TASK TO COMPLETE: Copy out precisely the line that holds "no_device_there e = cc" and all the lines following it in the data, up to and including the last one, and no others.

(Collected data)

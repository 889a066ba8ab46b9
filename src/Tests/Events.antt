-- ===== src/Tests/Events.antt =====
-- The theorems on the methods and the events of `FileWatcher`, and on the Logger, at concrete objects.
use secure_storage.Base.{
  ℕ, ◌≡◌, ◌+◌, ◌++◌, refl, ◌⊎◌, true, false, none, some, List, [], ◌∷◌, arith,
}
use secure_storage.Base.Text.{Str, Bytes, codes, str_eq, str_eq_iff, find_last}
use secure_storage.Base.Dict.{get}
use secure_storage.Os.Memory.{memory_os}
use secure_storage.Inotify.{Event}
use secure_storage.Logger.{info, error, logger, file_name, log_line}
use secure_storage.Logger.Lines.{Entry, log_all, log_all_lem}
use secure_storage.Inotify.Toy.{toy_inotify}
use secure_storage.Watcher.{Watcher, watcher, watch_path, unwatch_path, wd_of, path_of}
use secure_storage.Watcher.Maps.{IsPaired}
use secure_storage.Watcher.Events.{WatchedEvent, event_mask_to_string, walk}
use secure_storage.Watcher.Events.Words.{event_mask_to_string_lem}
use secure_storage.Watcher.Events.Walk.{w_end, w_event, walk_total, events_in, handle_all}
use secure_storage.Watcher.Monitor.Frames.{Closed}
use secure_storage.Base.{none}
use secure_storage.Watcher.{stop}
use secure_storage.Watcher.Stopping.{stop-stop}
use secure_storage.Watcher.Watches.{watch_path_stale}
use secure_storage.Tests.Values.{top}
use secure_storage.Tests.Watchers.{here, started}

event_mask_to_string_lem_example : event_mask_to_string toy_inotify 258 ≡ codes "MODIFY CREATE"
event_mask_to_string_lem_example = event_mask_to_string_lem toy_inotify 258

nothing_watched : IsPaired watcher
unfolding get
nothing_watched = record { back = λ wd path h. absurd (cc); not_empty = λ wd path h. absurd (cc) }

-- Two events for descriptors that have no path, in a buffer of six places.
abbrev buffer : Bytes
buffer = 7 ∷ 2 ∷ 0 ∷ 8 ∷ 2 ∷ 0 ∷ []

walk_total_example :
    (evs : List Event) × (r : List WatchedEvent × Watcher) × (events_in toy_inotify 7 buffer 6 0
      ≡ some evs)
    × (walk toy_inotify 7 buffer 6 0 watcher ≡ some r)
    × (handle_all toy_inotify evs watcher ≡ some r)
    × IsPaired r.1
walk_total_example =
    walk_total toy_inotify buffer 6 watcher (omega arith)
      (w_event (omega arith) (w_event (omega arith) w_end)) nothing_watched

abbrev twin : Str
twin = codes "//"

twin-differs : str_eq twin top ≡ false
unfolding str_eq
twin-differs = refl

no_top : wd_of top watcher.path_to_wd ≡ none
unfolding get
no_top = refl

no_twin : wd_of twin watcher.path_to_wd ≡ none
unfolding get
no_twin = refl

watch_path_stale_example :
    let (_, fw1, v1) = watch_path memory_os toy_inotify 10 top watcher here in
    let (_, fw2, v2) = watch_path memory_os toy_inotify 10 twin fw1 v1 in
    let (_, fw3, v3) = unwatch_path memory_os toy_inotify 10 twin fw2 v2 in
    (path_of 1 fw3.wd_to_path ≡ none)
    × (watch_path memory_os toy_inotify 10 top fw3 v3 ≡ (true, fw3, v3))
watch_path_stale_example =
    watch_path_stale memory_os toy_inotify 10 1 top twin watcher here here here
      (λ e. cc (twin-differs, (str_eq_iff twin top).1 e)) no_top no_twin refl refl

abbrev two_entries : List Entry
two_entries =
    record {
      timestamp = codes "now";
      level = info;
      message = codes "a";
      file = codes "/x/y.cpp";
      line = 1;
    }
    ∷ record {
      timestamp = codes "now";
      level = error;
      message = codes "b";
      file = codes "y.cpp";
      line = 2;
    }
    ∷ []

-- A line number of one digit.
abbrev digit : ℕ → Str
digit n = (b'0' + n) ∷ []

log_all_lem_example :
    log_all digit (logger true) two_entries []
    ≡ (codes "[now] [ERROR] [y.cpp:2] b" ++ 0x0a ∷ []) ∷ []
unfolding log_line file_name find_last
log_all_lem_example = log_all_lem digit (logger true) two_entries []

stop-stop_example :
    let (fw', w') = stop memory_os toy_inotify (λ fw w. (fw, w)) started here in
    (fw'.is_running ≡ false)
    × (fw'.stopped_by_user ≡ true)
    × (Closed fw' ⊎ (fw' ≡ started))
    × (stop memory_os toy_inotify (λ fw w. (fw, w)) fw' w' ≡ (fw', w'))
stop-stop_example = stop-stop memory_os toy_inotify (λ fw w. (fw, w)) (λ fw w h. h) started here
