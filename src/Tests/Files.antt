-- ===== src/Tests/Files.antt =====
-- The theorems on `FileUtil` at concrete file systems.
use mathlib.Core.List.{Memᴰ}
use secure_storage.Base.{true, ◌≡◌, ◌≢◌, refl, ◌⊎◌, none, some, [], ◌∷◌, ◌++◌}
use secure_storage.Base.Text.{c_str, IsPlain, Str, codes, has_char, str_eq, back_is}
use secure_storage.Error.{success}
use secure_storage.Os.Posix.{IsPosix, IsName, file, device, contents?}
use secure_storage.Os.Memory.{World, memory_os, place, lookup}
use secure_storage.Os.Memory.Laws.{memory-IsPosix}
use secure_storage.FileUtil.{
  read_stream, read_file, atomic_write_file, entry_path, regular_files, list_directory,
  create_directories, normalize, temp_file_util_suffix,
}
use secure_storage.FileUtil.Atomic.{atomic_write_file_all_or_nothing, atomic_write_file_others}
use secure_storage.FileUtil.Listing.{IsFile, list_directory_iff}
use secure_storage.FileUtil
use secure_storage.FileUtil.Components.{prefixes, try_all, create_directories-tries}
use secure_storage.Naming.Roles.{main, backup, temp, entry, file-IsName, suffix}
use secure_storage.Store.Saving.{apart}
use secure_storage.Tests.Values.{top, top-IsBase, an_id, valid_id, some_data, world_of}

abbrev P : IsPosix memory_os
P = memory-IsPosix

abbrev before : World
before = world_of ((codes "a.enc", file some_data) ∷ [])

abbrev path : Str
path = top ++ (an_id ++ suffix main)

valid_file : IsName (an_id ++ suffix main)
valid_file = file-IsName an_id main valid_id

no_device : P.node before (path ++ temp_file_util_suffix) ≢ some device
unfolding memory-IsPosix place lookup str_eq has_char
no_device e = cc

atomic_write_file_all_or_nothing_example :
    let after = atomic_write_file memory_os path (9 ∷ []) before in
    ((after.0 ≡ success)
      × (P.node after.1 path ≡ some (file (9 ∷ [])))
      × (P.node after.1 (path ++ temp_file_util_suffix) ≡ none))
    ⊎ ((after.0 ≢ success) × (contents? (P.node after.1 path) ≡ contents? (P.node before path)))
atomic_write_file_all_or_nothing_example =
    atomic_write_file_all_or_nothing memory_os P top (an_id ++ suffix main) top-IsBase valid_file
      (9 ∷ []) before no_device

atomic_write_file_others_example :
    contents? (P.node (atomic_write_file memory_os path (9 ∷ []) before).1 (entry top an_id backup))
    ≡ contents? (P.node before (entry top an_id backup))
atomic_write_file_others_example =
    atomic_write_file_others memory_os P top (an_id ++ suffix main) top-IsBase valid_file (9 ∷ [])
      before (entry top an_id backup) (apart top an_id top-IsBase valid_id temp backup (λ e. cc))
      (apart top an_id top-IsBase valid_id main backup (λ e. cc))

there : P.node before path ≡ some (file some_data)
unfolding memory-IsPosix place lookup str_eq has_char
there = refl

read_success : (read_file memory_os path before).0 ≡ success
unfolding read_file read_stream place lookup str_eq has_char
read_success = refl

lists : list_directory memory_os top before ≡ (success, codes "a.enc" ∷ [])
unfolding list_directory regular_files entry_path place lookup str_eq has_char back_is
lists = refl

list_directory_iff_example :
    (Memᴰ (an_id ++ suffix main) (codes "a.enc" ∷ [])
      → IsFile (P.node before path) × IsPlain (an_id ++ suffix main))
    × (P.reads_all before top ≡ true
        → IsName (an_id ++ suffix main)
        → IsFile (P.node before path)
        → Memᴰ (an_id ++ suffix main) (codes "a.enc" ∷ []))
list_directory_iff_example =
    list_directory_iff memory_os P before top top-IsBase (codes "a.enc" ∷ []) (an_id ++ suffix main)
      lists

nothing_at_x : memory_os.stat before (c_str (codes "/x/y")) ≡ none
unfolding place lookup str_eq has_char
nothing_at_x = refl

create_directories-tries_example :
    create_directories memory_os (codes "/x/y") before
    ≡ FileUtil.check_made memory_os
        (normalize (codes "/x/y"))
        (try_all memory_os (prefixes (normalize (codes "/x/y"))) before)
create_directories-tries_example =
    create_directories-tries memory_os (codes "/x/y") before (λ e. cc) nothing_at_x

-- It tries the directory, and then the one in it.
tried : prefixes (normalize (codes "/x/y")) ≡ codes "/x" ∷ codes "/x/y" ∷ []
unfolding normalize back_is
tried = refl
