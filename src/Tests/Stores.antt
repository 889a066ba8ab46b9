-- ===== src/Tests/Stores.antt =====
-- The theorems on `SecureStore` at concrete stores and file systems.
use secure_storage.Base.{ℕ, ◌≡◌, ◌≢◌, refl, ◌⊎◌, inl, true, none, some, [], ◌∷◌}
use secure_storage.Base.Text.{Str, codes, has_char, str_eq, find_last}
use secure_storage.Error.{Errc, success, file_rename_failed, is_success}
use secure_storage.Os.Posix.{IsPosix, file, folder, device, contents?}
use secure_storage.Os.Memory.{World, memory_os, place, lookup, del}
use secure_storage.Os.Memory.Laws.{memory-IsPosix}
use secure_storage.FileUtil.{
  get_directory, path_exists, delete_file, read_stream, read_file, ensure_directory,
  finish_temporary, fill_temporary, write_temporary, sync_directory, commit_temporary,
  write_and_rename, atomic_write_file,
}
use secure_storage.Crypto.Encryptor.{encrypt, ready?, generate_iv, seal_with}
use secure_storage.Crypto.Toy.{toy, toy-IsLawful}
use secure_storage.Naming.{
  validate_data_id, has_dots, get_data_file_path, get_backup_file_path, get_temp_file_path,
}
use secure_storage.Naming.Roles.{Named, Role, main, backup, temp_temp, entry}
use secure_storage.Store.{
  SecureStore, back_up, restore_backup, replace_main, store_encrypted, store_data, retrieve_data,
}
use secure_storage.Os.Crash.{mortal}
use secure_storage.Store.Crash.{Survives, store_data_crash}
use secure_storage.Store.RoundTrip.{retrieve_data-store_data, store_data-keeps, store_data_others}
use secure_storage.Tests.Values.{
  valid_id, top, top-IsBase, an_id, valid_other, other_id, other_id-differs, some_data, a_store,
  a_store-IsReady, sealed_data, world_of,
}

-- The store after one use of its generator.
abbrev pub used_store : SecureStore toy
used_store = record a_store {
  encryptor = some (record { impl = some (record { initialized = true; rng = 8 }) });
}

abbrev pub with_data : World
with_data = world_of ((codes "a.enc", file sealed_data) ∷ [])

nothing_there :
    (IsPosix.node memory-IsPosix) (world_of []) (entry top an_id temp_temp) ≢ some device
unfolding memory-IsPosix place lookup has_char
nothing_there e = cc

pub stores :
    store_data memory_os toy an_id some_data a_store (world_of [])
    ≡ some (success, used_store, with_data)
unfolding store_data store_encrypted back_up replace_main restore_backup atomic_write_file
    ensure_directory path_exists write_and_rename write_temporary fill_temporary finish_temporary
    commit_temporary sync_directory get_directory delete_file encrypt generate_iv ready? seal_with
    validate_data_id has_dots has_char is_success place lookup del str_eq find_last
    get_data_file_path get_backup_file_path get_temp_file_path
stores = refl

pub readable : (read_file memory_os (entry top an_id main) with_data).0 ≡ success
unfolding read_file read_stream place lookup str_eq has_char
readable = refl

retrieve_data-store_data_example :
    retrieve_data memory_os toy an_id used_store with_data ≡ some (success, some_data, with_data)
retrieve_data-store_data_example =
    retrieve_data-store_data memory_os memory-IsPosix toy toy-IsLawful an_id some_data a_store
      (world_of []) a_store-IsReady top-IsBase used_store with_data nothing_there stores readable

-- A directory in the place of the temporary file makes storing fail.
abbrev blocked : World
blocked = world_of ((codes "a.enc", file sealed_data) ∷ (codes "a.enc.tmp", folder) ∷ [])

held : (IsPosix.node memory-IsPosix) blocked (entry top an_id main) ≡ some (file sealed_data)
unfolding memory-IsPosix place lookup has_char str_eq
held = refl

store_fails :
    store_data memory_os toy an_id [] a_store blocked
    ≡ some (file_rename_failed, used_store, blocked)
unfolding store_data store_encrypted back_up replace_main restore_backup atomic_write_file
    ensure_directory path_exists write_and_rename write_temporary fill_temporary finish_temporary
    commit_temporary sync_directory get_directory delete_file encrypt generate_iv ready? seal_with
    validate_data_id has_dots has_char is_success place lookup del str_eq find_last
    get_data_file_path get_backup_file_path get_temp_file_path
store_fails = refl

store_data-keeps_example :
    ((IsPosix.node memory-IsPosix) blocked (entry top an_id main) ≡ some (file sealed_data))
    ⊎ (((IsPosix.node memory-IsPosix) blocked (entry top an_id main) ≡ none)
        × ((IsPosix.node memory-IsPosix) blocked (entry top an_id backup)
            ≡ some (file sealed_data)))
store_data-keeps_example =
    store_data-keeps memory_os memory-IsPosix toy toy-IsLawful an_id [] a_store blocked
      a_store-IsReady top-IsBase sealed_data file_rename_failed used_store blocked valid_id.1
      (inl held) store_fails (λ e. cc)

store_data_others_example :
    contents? ((IsPosix.node memory-IsPosix) with_data (entry top other_id main))
    ≡ contents? ((IsPosix.node memory-IsPosix) (world_of []) (entry top other_id main))
store_data_others_example =
    store_data_others memory_os memory-IsPosix toy toy-IsLawful an_id some_data a_store
      (world_of []) a_store-IsReady top-IsBase other_id main success used_store with_data valid_id.1
      valid_other other_id-differs stores

no_device_there : (IsPosix.node memory-IsPosix) blocked (entry top an_id temp_temp) ≢ some device
unfolding memory-IsPosix place lookup has_char str_eq
no_device_there e = cc

-- The process dies before its fourth call.
store_data_crash_example :
    (r : Errc × SecureStore toy × (World × ℕ)) × (store_data
        (mortal memory_os)
        toy
        an_id
        []
        a_store
        (blocked, 3)
      ≡ some r)
    × Survives memory_os memory-IsPosix toy toy-IsLawful an_id [] a_store blocked a_store-IsReady
        top-IsBase sealed_data r.2.0
    × ((other : Str) (role : Role)
        → Named other
        → other ≢ an_id
        → contents? ((IsPosix.node memory-IsPosix) r.2.0 (entry top other role))
          ≡ contents? ((IsPosix.node memory-IsPosix) blocked (entry top other role)))
store_data_crash_example =
    store_data_crash memory_os memory-IsPosix toy toy-IsLawful an_id [] a_store blocked
      a_store-IsReady top-IsBase sealed_data 3 valid_id.1 no_device_there (inl held)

FINISHED TASK:
no_device_there e = cc

-- The process dies before its fourth call.
store_data_crash_example :
    (r : Errc × SecureStore toy × (World × ℕ)) × (store_data
        (mortal memory_os)
        toy
        an_id
        []
        a_store
        (blocked, 3)
      ≡ some r)
    × Survives memory_os memory-IsPosix toy toy-IsLawful an_id [] a_store blocked a_store-IsReady
        top-IsBase sealed_data r.2.0
    × ((other : Str) (role : Role)
        → Named other
        → other ≢ an_id
        → contents? ((IsPosix.node memory-IsPosix) r.2.0 (entry top other role))
          ≡ contents? ((IsPosix.node memory-IsPosix) blocked (entry top other role)))
store_data_crash_example =
    store_data_crash memory_os memory-IsPosix toy toy-IsLawful an_id [] a_store blocked
      a_store-IsReady top-IsBase sealed_data 3 valid_id.1 no_device_there (inl held)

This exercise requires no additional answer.